Fallimenti lumaca, conta l’ammissione dei creditori
Per la Corte di cassazione non vale la data di presentazione dell’istanza
Per i creditori che lamentano la lunghezza del procedimento fallimentare la data dalla quale calcolare la ragionevole durata, ai fini dell’indennizzo previsto dalla legge Pinto, è quella dell’ammissione al passivo e non della domanda.

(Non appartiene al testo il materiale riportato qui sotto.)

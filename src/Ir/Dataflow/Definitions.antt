-- ===== src/Ir/Dataflow/Definitions.antt =====
-- The fixpoint loop of `_build_data_overlays` (scanner/src/aegify/ir/program_graph.py), for one
-- function. A set is a list without repeats.
use Prim.Native.String.{compare}
use Prim.Native.Nat.{Ordering}
use aegify.Base.{
  ℕ, zero, suc, ◌*◌, Bool, true, false, ◌&&◌, String, Option, none, some, List, [], ◌∷◌, ◌++◌,
  length, all, if◌then◌else◌, str_mem, Dict, lookup, insert, keys, map, sorted,
}

-- What the loop reads of the graph: the nodes of the function, and each node's predecessors in the
-- control flow, definitions and uses.
pub record Flow : Type 0 where
  pub nodes : List String
  pub predecessors : String → List String
  pub definitions : String → List String
  pub uses : String → List String

-- For a variable, the nodes whose definition of it may hold.
abbrev pub Reaching : Type 0
Reaching = Dict (List String)

pub record Defs : Type 0 where
  pub in_defs : Dict Reaching
  pub out_defs : Dict Reaching

-- A missing key reads as an empty set.
abbrev pub set_or_empty : Option (List String) → List String
set_or_empty none = []
set_or_empty (some s) = s

abbrev pub defs_of : String → Reaching → List String
defs_of v d = set_or_empty (lookup v d)

abbrev pub dict_or_empty : Option Reaching → Reaching
dict_or_empty none = []
dict_or_empty (some d) = d

abbrev pub at : String → Dict Reaching → Reaching
at n d = dict_or_empty (lookup n d)

-- `s.update(xs)`
unfoldable pub update : List String → List String → List String
update s [] = s
update s (x ∷ xs) = if str_mem x s then update s xs else update (s ++ x ∷ []) xs

-- The loop over the items of a predecessor's `out_defs`. Its dictionary has a key once.
unfoldable pub merge_keys : List String → Reaching → Reaching → Reaching
merge_keys [] d merged = merged
merge_keys (v ∷ vs) d merged =
    merge_keys vs d (insert v (update (defs_of v merged) (defs_of v d)) merged)

-- The loop over the predecessors.
unfoldable pub merge_all : List String → Dict Reaching → Reaching → Reaching
merge_all [] out_defs merged = merged
merge_all (p ∷ ps) out_defs merged =
    merge_all ps out_defs (merge_keys (keys (at p out_defs)) (at p out_defs) merged)

-- The loop over the node's own definitions.
unfoldable pub define : String → List String → Reaching → Reaching
define n [] d = d
define n (v ∷ vs) d = define n vs (insert v (n ∷ []) d)

abbrev subset : List String → List String → Bool
subset s t = all (λ x. str_mem x t) s

abbrev pub same_set : List String → List String → Bool
same_set s t = subset s t && subset t s

abbrev pub same_at : Option (List String) → List String → Bool
same_at none s = false
same_at (some t) s = same_set s t

abbrev pub is_key : Option (List String) → Bool
is_key none = false
is_key (some t) = true

-- `d == e` for dictionaries of sets.
abbrev pub same_keys : List String → Reaching → Reaching → Bool
same_keys [] d e = true
same_keys (v ∷ vs) d e = same_at (lookup v e) (defs_of v d) && same_keys vs d e

unfoldable pub same_dict : Reaching → Reaching → Bool
same_dict d e = same_keys (keys d) d e && all (λ v. is_key (lookup v d)) (keys e)

abbrev is_lt : Ordering → Bool
is_lt Ordering.lt = true
is_lt Ordering.gt = false
is_lt Ordering.eq = false

abbrev pub text_before : String → String → Bool
text_before a b = is_lt (compare a b)

abbrev pub empty_for : List String → Dict Reaching
empty_for = map (λ n. (n, []))

abbrev at_least_one : ℕ → ℕ
at_least_one zero = 1
at_least_one (suc n) = suc n

module _ (f : Flow) where
  unfoldable pub current_in : String → Defs → Reaching
  current_in n s = merge_all (f.predecessors n) s.out_defs []

  abbrev pub current_out : String → Defs → Reaching
  current_out n s = define n (f.definitions n) (current_in n s)

  abbrev pub is_settled : String → Defs → Bool
  is_settled n s =
      same_dict (current_in n s) (at n s.in_defs) && same_dict (current_out n s) (at n s.out_defs)

  -- The body of the loop over the nodes: the new state, and whether anything has changed.
  abbrev pub visit_node : String → Defs × Bool → Defs × Bool
  visit_node n (s, changed) = if is_settled n s then (s, changed) else (
    record {
      in_defs = insert n (current_in n s) s.in_defs;
      out_defs = insert n (current_out n s) s.out_defs;
    },
    true,
  )

  unfoldable pub visit_nodes : List String → Defs × Bool → Defs × Bool
  visit_nodes [] s = s
  visit_nodes (n ∷ ns) s = visit_nodes ns (visit_node n s)

  -- The outer loop: the state it ends with, and whether it ends by `break`.
  unfoldable pub rounds : ℕ → Defs → Defs × Bool
  rounds zero s = (s, false)
  rounds (suc k) s =
      let r = visit_nodes (sorted text_before f.nodes) (s, false) in
      let more = rounds k r.0 in if r.1 then more else (r.0, true)

  abbrev pub no_defs : Defs
  no_defs = record { in_defs = empty_for f.nodes; out_defs = empty_for f.nodes }

  unfoldable pub reaching_definitions : Defs × Bool
  reaching_definitions = rounds (at_least_one (length f.nodes * 2)) no_defs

La Corte di cassazione, con la sentenza 21200 depositata ieri, indica una strada diversa da quella scelta dalla Corte d’Appello e anche da altri giudici di legittimità che avevano in alcuni casi (sentenze 2207/2010; 20732/2011 e 2013/2017) considerato come valida, per il conteggio degli anni, la data in cui era stata presentata l’istanza di ammissione al passivo.
In un precedente rimasto isolato (sentenza 22422/2013) la Suprema corte aveva considerato rilevante la sentenza con la quale veniva dichiarato il fallimento.
Con la decisione di ieri i giudici della seconda sezione civile, accolgono sul punto il ricorso del ministero della Giustizia.
All’origine del procedimento “lumaca”, durato 16 anni, c’era il fallimento di un importante calzaturificio. La stessa Corte territoriale aveva preso atto della complessità della procedura, che riguardava cento lavoratori dipendenti della società e altri cento pagati a cottimo per il loro lavoro a domicilio. Ad influire sulla difficoltà del caso, oltre al numero elevato di creditori, anche l’entità del passivo da accertare e le molte opposizioni. I giudici ricordano che quando il procedimento è gravoso la durata ragionevole si estende a 7 anni, rispetto ai 5 previsti per i fallimenti di media complessità. Per la Corte d’Appello il procedimento aveva “sforato” di 9 anni il margine di tolleranza.
Conclusione che aveva portato la corte di secondo grado a riconoscere 500 euro l’anno per il danno morale - in assenza di prova di un pregiudizio economico - ad ogni ricorrente, per lo stress e il patema d’animo subìto. Un disagio che, per la Corte d’Appello, non si poteva considerare attenuato dall’intervento, in favore dei creditori, del Fondo di garanzia Inps che si era insinuato al passivo.
La Cassazione cambia però la data del diritto al risarcimento.
I giudici sottolineano, infatti, che quando si tratta di creditori, il giorno da tenere presente è quello in cui è stato emesso il decreto con il quale ciascuno di essi è stato ammesso, in via tempestiva o tardiva, al passivo, mentre è irrilevante quello della domanda. Perché solo con il via libera i creditori sono riconosciuti come tali. E solo da allora subiscono gli effetti dell’irragionevole durata dell’esecuzione fallimentare. Mentre non conta la durata pregressa della procedura, alla quale sono rimasti estranei, salvo che per gli accantonamenti nei riparti parziali (articolo 113 della legge fallimentare) «i quali richiedono, tuttavia, o una misura cautelare in sede di opposizione ovvero l’accoglimento dell’opposizione con decreto non ancora definitivo».